There is a problem here though; this placement of locks can cause infinite looping when read waits for something to be written and write waits for something to be read.

char readc(struct pipe *p) {
	lock(&l);
	while(p->r == p->w) {
		unlock(&l);
		lock(&l);
	}
	char c = p->buf[p->r++%PIPE_SIZE];
	unlock(&l);
	return c;
}

There is yet another problem here; we have heavy spinning within the while loop, taking up time as the CPU is passed between threads. Is there another solution which does not spin so much? We could implement two kinds of locks: one for reading and one for writing. The second problem is that the lock is too coarse-grained.

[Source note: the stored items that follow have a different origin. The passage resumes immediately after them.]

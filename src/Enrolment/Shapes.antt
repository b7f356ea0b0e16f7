-- ===== src/Enrolment/Shapes.antt =====
-- What is known of a row that was read.
use intelli_study_planner_br.Base.{
  ℕ, ℤ, pos, negsuc, ◌≡◌, refl, sym, ap, subst, ◌∙◌, Bool, true, false, not, ◌&&◌, Option, none,
  some, List, [], ◌∷◌, Text, arith, strip, is_empty, text_eq, all, leb,
}
use intelli_study_planner_br.Base.Tables.{all-snoc}
use intelli_study_planner_br.Enrolment.Cells.{
  Kind, enrolment, specified, unspecified, Cells, split_lines,
}
use intelli_study_planner_br.Enrolment.Rows.{
  AnyRow, plain, marked, fields_of, EnrolmentRow, EnrolmentRecord, Reading, read, unreadable,
  Problem, ◌>>=◌, checked, checked_mark, numbered, require_int, read_mark, with_mark, enrolment_row,
  credit_row, CreditRow, is_code_or_none, is_subject_code, is_known_grade,
}
use intelli_study_planner_br.Enrolment.Table.{
  Loop, first_loop, add_row, read_line, read_lines, table_record, parse_table,
}
use intelli_study_planner_br.Enrolment.Flat.{
  flat_enrolment_row, flat_rows, parse_matches, parse_flat, parse_enrolment, flat_row, flat_text,
}
use intelli_study_planner_br.Regex.{Scan, find_iter}

-- A subject code and a known grade, if any; a mark, if any, of at most 100.
abbrev pub mark_fits : AnyRow → Bool
mark_fits (plain row) = true
mark_fits (marked row none) = true
mark_fits (marked row (some m)) = leb m 100

abbrev pub is_shaped : AnyRow → Bool
is_shaped row =
    is_subject_code (fields_of row).code && is_known_grade (fields_of row).grade && mark_fits row

-- What holds of whatever a parse reads.
abbrev pub Gives : {A : Type 0} → (A → Bool) → Reading A → Type 0
Gives {A} p m = (a : A) → m ≡ read a → p a ≡ true

read_path : {A : Type 0} {a b : A} → read a ≡ read b → a ≡ b
read_path e = grind arith

pub step-Gives :
    {A B : Type 0} (m : Reading A) (f : A → Reading B) (p : A → Bool) (q : B → Bool)
    → Gives p m
    → ((a : A) → p a ≡ true → Gives q (f a))
    → Gives q (m >>= f)
step-Gives (read a) f p q first second b e = second a (first a refl) b e
step-Gives (unreadable x) f p q first second b e = absurd (grind arith)

pub checked-Gives :
    {A : Type 0} (x : Problem) (ok : Bool) (m : Reading A) (q : A → Bool)
    → (ok ≡ true → Gives q m)
    → Gives q (checked x ok m)
unfolding checked
checked-Gives x true m q h a e = h refl a e
checked-Gives x false m q h a e = absurd (grind arith)

abbrev fits : Option ℕ → Bool
fits none = true
fits (some m) = leb m 100

checked_mark-fits : (n : ℤ) → Gives fits (checked_mark n)
checked_mark-fits (pos n) o e = grind arith
checked_mark-fits (negsuc n) o e = absurd (grind arith)

read_mark-fits : (value : Text) → Gives fits (read_mark value)
unfolding read_mark
read_mark-fits [] o e = grind arith
read_mark-fits (c ∷ s) o e =
    step-Gives (require_int (c ∷ s)) checked_mark (λ n. true) fits (λ n e'. refl)
      (λ n _. checked_mark-fits n) o e

with_mark-shaped :
    (keep_marks : Bool) (mark : Text) (row : EnrolmentRow)
    → is_shaped (plain row) ≡ true
    → Gives is_shaped (with_mark keep_marks mark row)
with_mark-shaped false mark row h r e = grind arith
with_mark-shaped true mark row h r e =
    step-Gives (read_mark mark) (λ m. read (marked row m)) fits is_shaped (read_mark-fits mark)
      (λ m f r' e'. marked-shaped m f r' e') r e
  where
    marked-shaped : (m : Option ℕ) → fits m ≡ true → Gives is_shaped (read (marked row m))
    marked-shaped none f r' e' = grind arith
    marked-shaped (some n) f r' e' = grind arith

numbered-shaped :
    (keep_marks : Bool) (year nom_cp mark : Text) (row : ℤ → ℤ → EnrolmentRow)
    → ((y n : ℤ) → is_shaped (plain (row y n)) ≡ true)
    → Gives is_shaped (numbered keep_marks year nom_cp mark row)
unfolding numbered
numbered-shaped keep_marks year nom_cp mark row h =
    step-Gives (require_int year) _ (λ y. true) is_shaped (λ y e. refl)
      (λ y _.
        step-Gives (require_int nom_cp) _ (λ y. true) is_shaped (λ n e. refl)
          (λ n _. with_mark-shaped keep_marks mark (row y n) (h y n)))

enrolment_row-shaped :
    (cells : Cells) (keep_marks : Bool) → Gives is_shaped (enrolment_row cells keep_marks)
unfolding enrolment_row
enrolment_row-shaped cells keep_marks = checked-Gives _ _ _ is_shaped λ c.
    checked-Gives _ _ _ is_shaped
      λ g. checked-Gives _ _ _ is_shaped λ s. numbered-shaped keep_marks _ _ _ _ λ y n. rw (c, g)

flat_enrolment_row-shaped :
    (keep_marks : Bool) (m : Scan) → Gives is_shaped (flat_enrolment_row keep_marks m)
unfolding flat_enrolment_row
flat_enrolment_row-shaped keep_marks m =
    checked-Gives _ _ _ is_shaped
      λ c. checked-Gives _ _ _ is_shaped λ g. numbered-shaped keep_marks _ _ _ _ λ y n. rw (c, g)

flat_rows-shaped :
    (keep_marks : Bool) (ms : List (Scan × Scan)) → Gives (all is_shaped) (flat_rows keep_marks ms)
unfolding flat_rows
flat_rows-shaped keep_marks [] rows e = grind arith
flat_rows-shaped keep_marks ((b, s) ∷ ms) rows e =
    step-Gives (flat_enrolment_row keep_marks s) _ is_shaped (all is_shaped)
      (flat_enrolment_row-shaped keep_marks s)
      (λ row f.
        step-Gives (flat_rows keep_marks ms) _ (all is_shaped) (all is_shaped)
          (flat_rows-shaped keep_marks ms)
          (λ rows' f' rs e'. subst (λ x. all is_shaped x ≡ true) (read_path e') (rw (f, f'))))
      rows e

abbrev pub credit_shaped : CreditRow → Bool
credit_shaped row = is_code_or_none row.code

credit_row-shaped : (cells : Cells) → Gives credit_shaped (credit_row cells)
unfolding credit_row
credit_row-shaped cells = checked-Gives _ _ _ credit_shaped λ c.
    step-Gives (require_int _) _ (λ n. true) credit_shaped (λ n e. refl)
      (λ n _ row e. ap credit_shaped (sym (read_path e)) ∙ c)

abbrev loop_shaped : Loop → Bool
loop_shaped l =
    all is_shaped l.rows
    && all credit_shaped l.specified_credit
    && all credit_shaped l.unspecified_credit

-- A record that has rows, all of the right shape.
abbrev pub record_shaped : EnrolmentRecord → Bool
record_shaped r =
    not (is_empty r.rows)
    && all is_shaped r.rows
    && all credit_shaped r.specified_credit
    && all credit_shaped r.unspecified_credit

add_row-shaped :
    (keep_marks : Bool) (l : Loop) (cells : Cells) (kind : Kind)
    → loop_shaped l ≡ true
    → Gives loop_shaped (add_row keep_marks l cells kind)
unfolding add_row
add_row-shaped keep_marks l cells enrolment h =
    step-Gives (enrolment_row cells keep_marks) _ is_shaped loop_shaped
      (enrolment_row-shaped cells keep_marks)
      (λ row f l' e. grind (arith, all-snoc is_shaped l.rows row))
add_row-shaped keep_marks l cells specified h =
    step-Gives (credit_row cells) _ credit_shaped loop_shaped (credit_row-shaped cells)
      (λ row f l' e. grind (arith, all-snoc credit_shaped l.specified_credit row))
add_row-shaped keep_marks l cells unspecified h =
    step-Gives (credit_row cells) _ credit_shaped loop_shaped (credit_row-shaped cells)
      (λ row f l' e. grind (arith, all-snoc credit_shaped l.unspecified_credit row))

read_line-shaped :
    (keep_marks : Bool) (l : Loop) (line : Text)
    → loop_shaped l ≡ true
    → Gives loop_shaped (read_line keep_marks l line)
unfolding read_line
read_line-shaped keep_marks l line h l' e = grind (arith, add_row-shaped keep_marks l)

read_lines-shaped :
    (keep_marks : Bool) (lines : List Text) (l : Loop)
    → loop_shaped l ≡ true
    → Gives loop_shaped (read_lines keep_marks l lines)
unfolding read_lines
read_lines-shaped keep_marks [] l h l' e = grind arith
read_lines-shaped keep_marks (line ∷ lines) l h l' e =
    step-Gives (read_line keep_marks l (strip line)) _ loop_shaped loop_shaped
      (read_line-shaped keep_marks l (strip line) h) (λ l1. read_lines-shaped keep_marks lines l1)
      l' e

parse_table-shaped :
    (raw_sols : Text) (keep_marks : Bool) → Gives record_shaped (parse_table raw_sols keep_marks)
unfolding parse_table
parse_table-shaped raw_sols keep_marks =
    step-Gives (read_lines keep_marks first_loop (split_lines raw_sols)) table_record loop_shaped
      record_shaped (read_lines-shaped keep_marks (split_lines raw_sols) first_loop refl)
      (λ l h r e. grind arith)

flat_rows-filled :
    (keep_marks : Bool) (ms : List (Scan × Scan))
    → is_empty ms ≡ false
    → Gives (λ rows. not (is_empty rows)) (flat_rows keep_marks ms)
unfolding flat_rows
flat_rows-filled keep_marks [] h rows e = absurd (grind arith)
flat_rows-filled keep_marks ((b, s) ∷ ms) h rows e =
    step-Gives (flat_enrolment_row keep_marks s) _ (λ row. true) (λ rows. not (is_empty rows))
      (λ row e. refl)
      (λ row _.
        step-Gives (flat_rows keep_marks ms) _ (λ rows. true) (λ rows. not (is_empty rows))
          (λ rows e. refl) (λ rows' _ rs e'. grind arith))
      rows e

parse_matches-shaped :
    (text : Text) (keep_marks : Bool) (ms : List (Scan × Scan))
    → Gives record_shaped (parse_matches text keep_marks ms)
parse_matches-shaped text keep_marks ms r e =
    grind (arith, flat_rows-shaped keep_marks ms, flat_rows-filled keep_marks ms)

-- A record that was read from a paste has at least one row; each row has a subject code of the official
-- shape, a known grade or none, and a mark of at most 100 or none, and each credit row a subject code
-- or none.
pub parse_enrolment-shaped :
    (raw_sols : Text) (keep_marks : Bool) (r : EnrolmentRecord)
    → parse_enrolment raw_sols keep_marks ≡ read r
    → record_shaped r ≡ true
unfolding parse_enrolment parse_flat
parse_enrolment-shaped raw_sols keep_marks r e = grind (
  arith,
  parse_table-shaped raw_sols keep_marks r,
  parse_matches-shaped (flat_text raw_sols) keep_marks (find_iter flat_row (flat_text raw_sols)) r,
)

It excludes accesses that are not really a problem.

Say we have the following:
A | B (pipe P)
C | D (pipe Q)

When A writes to pipe P, our global lock will also lock pipe Q. This prevents C and D from using their pipe. The solution to this is a finer-grained lock.

struct pipe {
	lock_t l;
	char buf[PIPE_SIZE];
	unsigned r, w;
};

But can a lock be too finely grained? Let us look at the following example:

bool isempty(struct pipe *p) {
	lock(&p->l);
	bool ise = p->r == p->w;
	unlock(&p->l);
	return ise;
}

This is still too slow, we will find out why next lecture!